Exercise description
Among the entries, find the lines with the string "input" and copy them.

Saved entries
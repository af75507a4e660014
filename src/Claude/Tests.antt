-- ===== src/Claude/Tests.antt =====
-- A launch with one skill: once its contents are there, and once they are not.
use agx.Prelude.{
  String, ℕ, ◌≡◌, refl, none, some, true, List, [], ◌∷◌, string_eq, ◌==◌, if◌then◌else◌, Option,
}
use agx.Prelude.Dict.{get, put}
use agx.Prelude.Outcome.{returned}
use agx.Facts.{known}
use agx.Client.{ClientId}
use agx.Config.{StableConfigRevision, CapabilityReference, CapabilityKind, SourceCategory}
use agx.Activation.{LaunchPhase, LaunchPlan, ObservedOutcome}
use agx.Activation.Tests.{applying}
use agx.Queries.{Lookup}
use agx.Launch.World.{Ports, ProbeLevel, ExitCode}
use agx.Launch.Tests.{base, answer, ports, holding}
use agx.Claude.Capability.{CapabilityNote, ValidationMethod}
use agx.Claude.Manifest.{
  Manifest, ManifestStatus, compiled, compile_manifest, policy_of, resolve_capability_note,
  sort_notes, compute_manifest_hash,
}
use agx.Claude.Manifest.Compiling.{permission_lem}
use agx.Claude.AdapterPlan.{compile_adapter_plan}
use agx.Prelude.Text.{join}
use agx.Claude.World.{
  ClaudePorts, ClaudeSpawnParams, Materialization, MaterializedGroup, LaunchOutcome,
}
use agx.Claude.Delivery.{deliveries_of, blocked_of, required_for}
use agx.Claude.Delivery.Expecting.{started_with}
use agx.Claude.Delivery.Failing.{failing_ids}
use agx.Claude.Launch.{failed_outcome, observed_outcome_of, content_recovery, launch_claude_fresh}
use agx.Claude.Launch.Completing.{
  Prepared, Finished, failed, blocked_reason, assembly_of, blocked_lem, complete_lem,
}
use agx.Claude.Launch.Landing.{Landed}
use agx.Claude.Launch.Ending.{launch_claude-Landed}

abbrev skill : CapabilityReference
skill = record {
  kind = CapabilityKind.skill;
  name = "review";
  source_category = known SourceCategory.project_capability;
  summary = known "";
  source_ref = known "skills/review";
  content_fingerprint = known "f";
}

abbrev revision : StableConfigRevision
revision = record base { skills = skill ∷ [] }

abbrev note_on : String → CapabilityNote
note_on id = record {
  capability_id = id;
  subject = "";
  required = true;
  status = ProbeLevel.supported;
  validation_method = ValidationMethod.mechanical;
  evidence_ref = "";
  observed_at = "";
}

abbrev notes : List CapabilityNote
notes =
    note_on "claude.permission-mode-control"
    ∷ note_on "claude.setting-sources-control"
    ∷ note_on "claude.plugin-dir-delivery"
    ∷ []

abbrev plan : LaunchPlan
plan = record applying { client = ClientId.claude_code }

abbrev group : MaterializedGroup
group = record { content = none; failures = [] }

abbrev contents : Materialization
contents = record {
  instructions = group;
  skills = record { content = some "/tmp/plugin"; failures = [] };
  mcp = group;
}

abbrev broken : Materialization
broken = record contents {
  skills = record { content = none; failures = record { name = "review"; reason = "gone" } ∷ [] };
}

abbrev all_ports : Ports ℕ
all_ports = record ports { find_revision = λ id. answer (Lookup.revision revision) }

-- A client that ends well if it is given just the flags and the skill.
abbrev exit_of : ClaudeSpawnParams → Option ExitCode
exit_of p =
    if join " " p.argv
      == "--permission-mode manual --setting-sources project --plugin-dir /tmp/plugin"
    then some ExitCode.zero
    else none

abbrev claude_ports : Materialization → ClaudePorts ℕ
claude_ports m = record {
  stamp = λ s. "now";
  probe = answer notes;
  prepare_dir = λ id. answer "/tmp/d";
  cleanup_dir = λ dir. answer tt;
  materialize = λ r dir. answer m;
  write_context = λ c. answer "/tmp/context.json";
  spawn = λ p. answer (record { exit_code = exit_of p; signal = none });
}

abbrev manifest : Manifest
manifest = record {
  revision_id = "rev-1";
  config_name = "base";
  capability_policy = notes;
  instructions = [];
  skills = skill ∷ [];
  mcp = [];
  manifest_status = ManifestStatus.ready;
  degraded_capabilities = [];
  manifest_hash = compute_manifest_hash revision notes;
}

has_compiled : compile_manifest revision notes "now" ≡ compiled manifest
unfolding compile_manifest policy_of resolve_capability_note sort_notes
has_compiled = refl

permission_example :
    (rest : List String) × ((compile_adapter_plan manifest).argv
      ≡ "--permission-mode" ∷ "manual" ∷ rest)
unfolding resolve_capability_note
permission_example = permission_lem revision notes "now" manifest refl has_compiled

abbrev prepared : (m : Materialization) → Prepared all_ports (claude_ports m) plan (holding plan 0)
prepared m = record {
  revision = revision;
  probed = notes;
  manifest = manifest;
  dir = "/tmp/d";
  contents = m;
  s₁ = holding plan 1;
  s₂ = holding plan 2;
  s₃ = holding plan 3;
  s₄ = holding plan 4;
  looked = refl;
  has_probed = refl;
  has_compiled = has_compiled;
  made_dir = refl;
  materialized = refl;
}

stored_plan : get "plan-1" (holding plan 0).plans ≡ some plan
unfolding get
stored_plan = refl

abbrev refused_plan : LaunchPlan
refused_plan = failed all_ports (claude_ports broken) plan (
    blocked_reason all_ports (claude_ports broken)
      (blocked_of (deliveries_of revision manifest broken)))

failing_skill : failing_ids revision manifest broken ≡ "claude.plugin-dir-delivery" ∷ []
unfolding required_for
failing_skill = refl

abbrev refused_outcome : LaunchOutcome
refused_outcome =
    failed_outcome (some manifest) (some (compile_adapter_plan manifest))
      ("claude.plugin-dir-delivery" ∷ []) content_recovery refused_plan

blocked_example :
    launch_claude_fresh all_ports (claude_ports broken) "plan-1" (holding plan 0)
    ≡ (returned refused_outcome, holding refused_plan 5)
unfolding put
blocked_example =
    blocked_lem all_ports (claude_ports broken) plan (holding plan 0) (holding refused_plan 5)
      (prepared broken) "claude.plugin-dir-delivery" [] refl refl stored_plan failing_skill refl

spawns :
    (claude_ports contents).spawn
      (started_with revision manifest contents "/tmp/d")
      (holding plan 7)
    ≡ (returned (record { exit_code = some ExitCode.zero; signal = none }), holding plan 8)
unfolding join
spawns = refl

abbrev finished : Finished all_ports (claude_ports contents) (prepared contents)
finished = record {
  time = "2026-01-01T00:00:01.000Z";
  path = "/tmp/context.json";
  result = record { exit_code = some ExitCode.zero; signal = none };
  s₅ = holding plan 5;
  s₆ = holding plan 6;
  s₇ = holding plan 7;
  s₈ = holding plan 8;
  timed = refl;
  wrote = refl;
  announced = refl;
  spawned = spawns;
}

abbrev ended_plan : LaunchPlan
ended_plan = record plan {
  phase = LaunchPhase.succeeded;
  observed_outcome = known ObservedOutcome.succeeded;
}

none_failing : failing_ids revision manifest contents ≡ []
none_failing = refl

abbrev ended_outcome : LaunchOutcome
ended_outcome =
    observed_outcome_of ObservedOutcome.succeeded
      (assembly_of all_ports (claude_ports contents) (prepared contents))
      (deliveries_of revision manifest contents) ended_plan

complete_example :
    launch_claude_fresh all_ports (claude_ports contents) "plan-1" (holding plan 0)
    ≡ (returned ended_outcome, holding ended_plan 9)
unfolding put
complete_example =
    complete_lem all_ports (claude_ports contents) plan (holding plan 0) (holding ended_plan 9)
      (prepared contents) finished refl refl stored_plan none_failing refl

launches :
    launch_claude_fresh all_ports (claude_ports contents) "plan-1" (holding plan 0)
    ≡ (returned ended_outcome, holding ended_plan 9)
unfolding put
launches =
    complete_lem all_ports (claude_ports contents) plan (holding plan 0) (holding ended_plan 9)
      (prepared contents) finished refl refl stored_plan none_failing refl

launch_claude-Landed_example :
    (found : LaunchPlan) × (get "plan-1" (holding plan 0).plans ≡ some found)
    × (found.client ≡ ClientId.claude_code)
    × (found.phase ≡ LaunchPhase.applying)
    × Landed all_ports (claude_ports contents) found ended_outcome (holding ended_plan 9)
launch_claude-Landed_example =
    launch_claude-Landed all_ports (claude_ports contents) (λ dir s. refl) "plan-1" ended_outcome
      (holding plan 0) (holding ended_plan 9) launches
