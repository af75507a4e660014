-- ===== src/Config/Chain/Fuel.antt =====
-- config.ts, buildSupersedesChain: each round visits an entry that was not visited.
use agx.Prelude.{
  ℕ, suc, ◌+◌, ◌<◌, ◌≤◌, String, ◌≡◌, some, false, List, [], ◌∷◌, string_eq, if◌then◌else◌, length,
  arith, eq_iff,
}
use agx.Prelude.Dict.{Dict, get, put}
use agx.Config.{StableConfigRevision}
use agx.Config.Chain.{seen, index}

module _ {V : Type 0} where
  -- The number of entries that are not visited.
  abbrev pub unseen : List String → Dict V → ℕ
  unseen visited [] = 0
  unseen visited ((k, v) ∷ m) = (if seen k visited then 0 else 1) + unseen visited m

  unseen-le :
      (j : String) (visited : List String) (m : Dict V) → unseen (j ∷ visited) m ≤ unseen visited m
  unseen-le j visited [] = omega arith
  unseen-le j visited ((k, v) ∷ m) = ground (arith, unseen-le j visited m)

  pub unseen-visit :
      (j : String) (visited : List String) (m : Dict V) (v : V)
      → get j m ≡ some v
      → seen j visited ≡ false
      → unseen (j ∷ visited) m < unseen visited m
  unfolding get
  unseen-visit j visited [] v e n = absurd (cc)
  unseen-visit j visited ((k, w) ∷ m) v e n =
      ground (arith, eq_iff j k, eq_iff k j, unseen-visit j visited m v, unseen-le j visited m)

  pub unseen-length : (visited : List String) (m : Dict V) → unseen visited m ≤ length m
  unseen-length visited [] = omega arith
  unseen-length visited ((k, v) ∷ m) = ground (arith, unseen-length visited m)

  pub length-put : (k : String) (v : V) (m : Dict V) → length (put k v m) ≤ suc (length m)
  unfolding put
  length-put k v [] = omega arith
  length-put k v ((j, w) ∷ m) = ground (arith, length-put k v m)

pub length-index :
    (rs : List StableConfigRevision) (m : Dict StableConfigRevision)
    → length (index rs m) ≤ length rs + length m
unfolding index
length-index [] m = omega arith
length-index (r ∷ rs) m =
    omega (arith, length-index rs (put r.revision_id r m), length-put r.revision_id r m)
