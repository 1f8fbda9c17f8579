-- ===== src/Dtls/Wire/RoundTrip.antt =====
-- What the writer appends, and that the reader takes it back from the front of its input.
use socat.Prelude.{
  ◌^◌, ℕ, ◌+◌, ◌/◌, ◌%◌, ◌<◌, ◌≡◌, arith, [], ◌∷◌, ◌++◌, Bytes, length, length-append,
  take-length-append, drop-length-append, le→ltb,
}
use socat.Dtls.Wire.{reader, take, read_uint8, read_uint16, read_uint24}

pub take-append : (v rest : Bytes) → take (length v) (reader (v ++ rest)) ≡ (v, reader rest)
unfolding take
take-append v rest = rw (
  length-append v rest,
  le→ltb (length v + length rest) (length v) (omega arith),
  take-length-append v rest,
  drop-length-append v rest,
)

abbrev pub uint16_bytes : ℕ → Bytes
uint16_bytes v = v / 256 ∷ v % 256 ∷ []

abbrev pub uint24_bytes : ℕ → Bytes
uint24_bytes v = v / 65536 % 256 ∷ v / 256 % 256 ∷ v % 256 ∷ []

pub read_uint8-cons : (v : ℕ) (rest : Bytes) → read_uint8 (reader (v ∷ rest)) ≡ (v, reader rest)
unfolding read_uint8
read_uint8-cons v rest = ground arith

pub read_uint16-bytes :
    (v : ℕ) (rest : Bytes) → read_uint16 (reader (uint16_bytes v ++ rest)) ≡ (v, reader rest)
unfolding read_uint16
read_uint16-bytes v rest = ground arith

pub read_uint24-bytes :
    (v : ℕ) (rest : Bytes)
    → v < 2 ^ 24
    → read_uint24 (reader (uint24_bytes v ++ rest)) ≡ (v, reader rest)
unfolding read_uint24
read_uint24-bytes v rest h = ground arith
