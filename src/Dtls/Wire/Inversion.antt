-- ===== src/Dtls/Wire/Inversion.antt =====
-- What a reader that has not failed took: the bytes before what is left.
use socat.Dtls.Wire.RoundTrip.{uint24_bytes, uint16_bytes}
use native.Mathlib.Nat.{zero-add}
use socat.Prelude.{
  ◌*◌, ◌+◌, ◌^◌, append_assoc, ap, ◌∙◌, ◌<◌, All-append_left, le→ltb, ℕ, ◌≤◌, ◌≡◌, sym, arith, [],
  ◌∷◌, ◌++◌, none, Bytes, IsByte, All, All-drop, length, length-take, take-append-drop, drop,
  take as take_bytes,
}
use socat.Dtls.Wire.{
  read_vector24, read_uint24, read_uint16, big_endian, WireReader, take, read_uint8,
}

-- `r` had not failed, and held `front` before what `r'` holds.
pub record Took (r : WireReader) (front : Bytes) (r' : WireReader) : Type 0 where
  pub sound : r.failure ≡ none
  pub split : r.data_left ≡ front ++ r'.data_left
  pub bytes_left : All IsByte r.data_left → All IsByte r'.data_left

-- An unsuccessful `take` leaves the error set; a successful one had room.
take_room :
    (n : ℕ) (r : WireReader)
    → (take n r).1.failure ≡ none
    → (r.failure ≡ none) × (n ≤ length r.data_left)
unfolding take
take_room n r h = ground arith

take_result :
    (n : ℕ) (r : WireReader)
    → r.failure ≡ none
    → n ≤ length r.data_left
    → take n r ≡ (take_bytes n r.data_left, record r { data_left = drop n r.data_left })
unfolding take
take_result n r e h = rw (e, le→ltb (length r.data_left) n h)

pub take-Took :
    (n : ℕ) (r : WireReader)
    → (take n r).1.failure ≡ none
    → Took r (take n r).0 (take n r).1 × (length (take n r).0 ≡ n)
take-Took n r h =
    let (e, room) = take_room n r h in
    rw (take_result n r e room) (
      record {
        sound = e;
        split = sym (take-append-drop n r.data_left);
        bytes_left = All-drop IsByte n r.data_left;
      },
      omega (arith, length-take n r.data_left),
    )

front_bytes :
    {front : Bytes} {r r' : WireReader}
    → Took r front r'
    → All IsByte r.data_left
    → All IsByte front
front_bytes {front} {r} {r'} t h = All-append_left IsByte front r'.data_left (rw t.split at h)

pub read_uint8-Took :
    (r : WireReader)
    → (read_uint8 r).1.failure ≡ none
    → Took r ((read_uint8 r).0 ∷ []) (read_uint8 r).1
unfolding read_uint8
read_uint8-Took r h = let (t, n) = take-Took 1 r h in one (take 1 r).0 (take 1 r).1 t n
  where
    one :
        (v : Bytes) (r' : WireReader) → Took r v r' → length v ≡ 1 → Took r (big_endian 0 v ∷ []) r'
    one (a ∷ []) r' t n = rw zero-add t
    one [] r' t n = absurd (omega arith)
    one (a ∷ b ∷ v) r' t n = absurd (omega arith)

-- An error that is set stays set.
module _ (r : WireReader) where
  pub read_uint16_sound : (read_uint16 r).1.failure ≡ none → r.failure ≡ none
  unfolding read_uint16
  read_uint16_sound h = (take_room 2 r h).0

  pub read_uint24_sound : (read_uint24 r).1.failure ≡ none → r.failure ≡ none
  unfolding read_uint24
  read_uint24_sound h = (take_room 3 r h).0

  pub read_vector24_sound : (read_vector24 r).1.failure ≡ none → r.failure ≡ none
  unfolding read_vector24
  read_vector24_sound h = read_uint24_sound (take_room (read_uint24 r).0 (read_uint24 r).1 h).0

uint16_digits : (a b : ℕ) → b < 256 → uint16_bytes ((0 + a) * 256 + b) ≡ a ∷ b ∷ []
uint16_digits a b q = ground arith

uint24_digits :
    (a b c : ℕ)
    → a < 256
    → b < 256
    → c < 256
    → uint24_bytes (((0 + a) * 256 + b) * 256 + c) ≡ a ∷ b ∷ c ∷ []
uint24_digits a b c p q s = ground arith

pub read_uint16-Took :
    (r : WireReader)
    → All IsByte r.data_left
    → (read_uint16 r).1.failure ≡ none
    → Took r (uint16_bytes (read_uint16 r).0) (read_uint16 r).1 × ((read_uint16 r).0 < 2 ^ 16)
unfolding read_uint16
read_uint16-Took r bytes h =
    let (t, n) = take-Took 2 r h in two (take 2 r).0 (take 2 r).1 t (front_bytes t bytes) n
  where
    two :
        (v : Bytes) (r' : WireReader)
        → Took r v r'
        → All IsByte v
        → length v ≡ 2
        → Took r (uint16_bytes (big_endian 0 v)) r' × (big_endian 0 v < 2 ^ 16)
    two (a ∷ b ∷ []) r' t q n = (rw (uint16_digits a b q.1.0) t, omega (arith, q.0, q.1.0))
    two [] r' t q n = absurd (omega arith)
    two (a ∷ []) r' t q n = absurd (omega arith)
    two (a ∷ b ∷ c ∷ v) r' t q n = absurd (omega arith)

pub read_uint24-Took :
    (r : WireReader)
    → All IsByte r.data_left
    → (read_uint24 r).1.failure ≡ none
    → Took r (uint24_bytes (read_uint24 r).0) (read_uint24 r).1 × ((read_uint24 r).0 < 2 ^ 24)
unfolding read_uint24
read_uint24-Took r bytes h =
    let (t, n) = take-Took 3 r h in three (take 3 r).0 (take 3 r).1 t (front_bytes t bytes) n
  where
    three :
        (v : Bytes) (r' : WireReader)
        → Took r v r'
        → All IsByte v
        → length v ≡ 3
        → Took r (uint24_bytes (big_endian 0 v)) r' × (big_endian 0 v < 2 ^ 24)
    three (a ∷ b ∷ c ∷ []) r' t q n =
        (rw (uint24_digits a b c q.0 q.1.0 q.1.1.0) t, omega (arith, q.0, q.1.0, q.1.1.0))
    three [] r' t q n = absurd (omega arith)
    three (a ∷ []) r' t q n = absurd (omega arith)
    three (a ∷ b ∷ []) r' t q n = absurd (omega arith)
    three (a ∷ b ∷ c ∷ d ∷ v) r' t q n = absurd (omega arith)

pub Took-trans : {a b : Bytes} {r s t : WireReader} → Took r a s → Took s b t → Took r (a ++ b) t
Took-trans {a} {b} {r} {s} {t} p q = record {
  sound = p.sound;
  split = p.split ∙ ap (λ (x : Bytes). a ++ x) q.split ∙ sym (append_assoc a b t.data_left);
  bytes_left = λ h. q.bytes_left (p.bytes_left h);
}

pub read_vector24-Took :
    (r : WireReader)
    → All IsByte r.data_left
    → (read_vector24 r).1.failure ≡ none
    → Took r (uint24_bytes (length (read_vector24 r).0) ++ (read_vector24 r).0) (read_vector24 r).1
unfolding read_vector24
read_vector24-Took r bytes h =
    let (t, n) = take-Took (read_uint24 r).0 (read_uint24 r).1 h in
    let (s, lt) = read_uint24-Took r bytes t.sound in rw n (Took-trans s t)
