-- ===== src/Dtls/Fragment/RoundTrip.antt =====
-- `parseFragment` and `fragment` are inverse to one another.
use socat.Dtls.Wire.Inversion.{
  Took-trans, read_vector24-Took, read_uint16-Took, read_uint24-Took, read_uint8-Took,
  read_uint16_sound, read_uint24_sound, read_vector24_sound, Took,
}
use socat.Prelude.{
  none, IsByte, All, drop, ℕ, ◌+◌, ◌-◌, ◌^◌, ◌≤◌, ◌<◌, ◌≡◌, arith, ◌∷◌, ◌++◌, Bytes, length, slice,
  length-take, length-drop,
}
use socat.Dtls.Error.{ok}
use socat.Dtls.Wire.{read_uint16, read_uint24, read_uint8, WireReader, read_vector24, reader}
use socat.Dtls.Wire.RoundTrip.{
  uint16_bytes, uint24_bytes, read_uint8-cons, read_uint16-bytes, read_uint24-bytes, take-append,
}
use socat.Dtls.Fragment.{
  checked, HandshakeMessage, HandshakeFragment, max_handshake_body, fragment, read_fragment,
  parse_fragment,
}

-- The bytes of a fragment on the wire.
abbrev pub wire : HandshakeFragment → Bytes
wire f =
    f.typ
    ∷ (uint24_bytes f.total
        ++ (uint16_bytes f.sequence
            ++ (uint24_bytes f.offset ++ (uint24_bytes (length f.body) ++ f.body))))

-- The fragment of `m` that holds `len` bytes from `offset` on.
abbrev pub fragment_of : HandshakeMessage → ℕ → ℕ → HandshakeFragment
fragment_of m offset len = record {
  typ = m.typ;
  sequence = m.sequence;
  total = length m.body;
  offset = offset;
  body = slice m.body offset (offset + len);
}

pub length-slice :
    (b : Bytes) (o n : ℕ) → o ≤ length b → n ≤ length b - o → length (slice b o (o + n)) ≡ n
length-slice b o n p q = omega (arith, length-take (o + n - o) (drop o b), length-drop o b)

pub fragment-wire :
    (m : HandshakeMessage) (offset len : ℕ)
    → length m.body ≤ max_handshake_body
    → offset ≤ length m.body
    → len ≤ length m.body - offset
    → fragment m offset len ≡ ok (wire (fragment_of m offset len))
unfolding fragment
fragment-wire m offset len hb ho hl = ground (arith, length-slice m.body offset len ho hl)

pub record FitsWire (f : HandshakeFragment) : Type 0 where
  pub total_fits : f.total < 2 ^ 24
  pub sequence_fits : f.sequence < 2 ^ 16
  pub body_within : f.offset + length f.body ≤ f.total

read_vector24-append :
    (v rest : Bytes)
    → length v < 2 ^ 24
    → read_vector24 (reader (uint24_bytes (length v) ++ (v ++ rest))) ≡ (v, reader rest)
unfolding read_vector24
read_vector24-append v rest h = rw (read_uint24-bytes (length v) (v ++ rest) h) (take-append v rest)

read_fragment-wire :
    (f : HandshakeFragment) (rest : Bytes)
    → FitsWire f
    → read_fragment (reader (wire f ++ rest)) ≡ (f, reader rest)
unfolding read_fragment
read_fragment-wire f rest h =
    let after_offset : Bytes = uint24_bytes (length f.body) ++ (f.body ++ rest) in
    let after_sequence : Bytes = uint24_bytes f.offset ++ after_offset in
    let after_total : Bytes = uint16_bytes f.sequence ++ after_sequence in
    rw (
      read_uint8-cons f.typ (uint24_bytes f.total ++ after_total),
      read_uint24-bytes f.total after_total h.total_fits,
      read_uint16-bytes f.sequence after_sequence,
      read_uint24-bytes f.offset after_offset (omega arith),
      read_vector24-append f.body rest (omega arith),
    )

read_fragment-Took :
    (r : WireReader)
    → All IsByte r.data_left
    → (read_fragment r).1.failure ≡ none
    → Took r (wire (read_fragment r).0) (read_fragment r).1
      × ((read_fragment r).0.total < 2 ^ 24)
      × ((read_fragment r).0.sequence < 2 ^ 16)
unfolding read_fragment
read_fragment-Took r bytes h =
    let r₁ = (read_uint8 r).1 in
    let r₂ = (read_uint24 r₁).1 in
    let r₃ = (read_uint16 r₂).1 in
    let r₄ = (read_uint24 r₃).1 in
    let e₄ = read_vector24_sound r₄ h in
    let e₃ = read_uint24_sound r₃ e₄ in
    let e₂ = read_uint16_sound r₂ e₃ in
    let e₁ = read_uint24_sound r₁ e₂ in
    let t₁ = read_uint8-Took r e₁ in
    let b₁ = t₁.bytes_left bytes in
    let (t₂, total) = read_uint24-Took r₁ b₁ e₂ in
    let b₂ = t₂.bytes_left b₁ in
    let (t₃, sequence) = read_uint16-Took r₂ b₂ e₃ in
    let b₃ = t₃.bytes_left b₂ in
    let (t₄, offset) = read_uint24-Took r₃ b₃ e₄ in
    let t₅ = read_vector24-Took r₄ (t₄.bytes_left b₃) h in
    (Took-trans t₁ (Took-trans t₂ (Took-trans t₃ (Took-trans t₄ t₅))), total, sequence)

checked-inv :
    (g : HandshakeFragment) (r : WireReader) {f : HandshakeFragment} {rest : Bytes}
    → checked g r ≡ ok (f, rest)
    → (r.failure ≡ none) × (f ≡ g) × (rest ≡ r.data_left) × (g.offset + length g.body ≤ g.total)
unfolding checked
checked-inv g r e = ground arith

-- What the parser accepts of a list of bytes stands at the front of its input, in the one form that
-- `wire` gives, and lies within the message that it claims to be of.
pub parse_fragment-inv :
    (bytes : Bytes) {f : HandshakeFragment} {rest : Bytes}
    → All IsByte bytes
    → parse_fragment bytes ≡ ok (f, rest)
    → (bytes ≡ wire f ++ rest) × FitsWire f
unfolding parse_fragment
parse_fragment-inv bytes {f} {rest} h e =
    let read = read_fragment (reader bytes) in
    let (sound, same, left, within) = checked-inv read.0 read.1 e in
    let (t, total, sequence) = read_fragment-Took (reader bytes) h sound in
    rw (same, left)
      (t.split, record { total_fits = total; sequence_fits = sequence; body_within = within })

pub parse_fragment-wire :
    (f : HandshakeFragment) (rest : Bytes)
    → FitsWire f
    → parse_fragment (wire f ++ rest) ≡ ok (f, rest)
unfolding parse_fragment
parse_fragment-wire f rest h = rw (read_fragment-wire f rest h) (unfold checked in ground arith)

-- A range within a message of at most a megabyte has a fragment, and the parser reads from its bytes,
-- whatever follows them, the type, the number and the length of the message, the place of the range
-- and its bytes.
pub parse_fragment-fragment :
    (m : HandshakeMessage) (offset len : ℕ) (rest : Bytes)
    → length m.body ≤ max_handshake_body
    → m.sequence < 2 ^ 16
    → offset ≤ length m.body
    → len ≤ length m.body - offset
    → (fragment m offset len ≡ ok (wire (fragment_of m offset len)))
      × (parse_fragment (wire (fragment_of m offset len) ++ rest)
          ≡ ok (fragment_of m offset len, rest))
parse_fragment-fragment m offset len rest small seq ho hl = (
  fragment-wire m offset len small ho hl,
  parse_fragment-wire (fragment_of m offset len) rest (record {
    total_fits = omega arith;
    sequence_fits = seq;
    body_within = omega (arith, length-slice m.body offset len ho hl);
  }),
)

Solved problem
-- What the writer appends, and that the reader takes it back from the front of its input.
-- What the parser accepts of a list of bytes stands at the front of its input, in the one form that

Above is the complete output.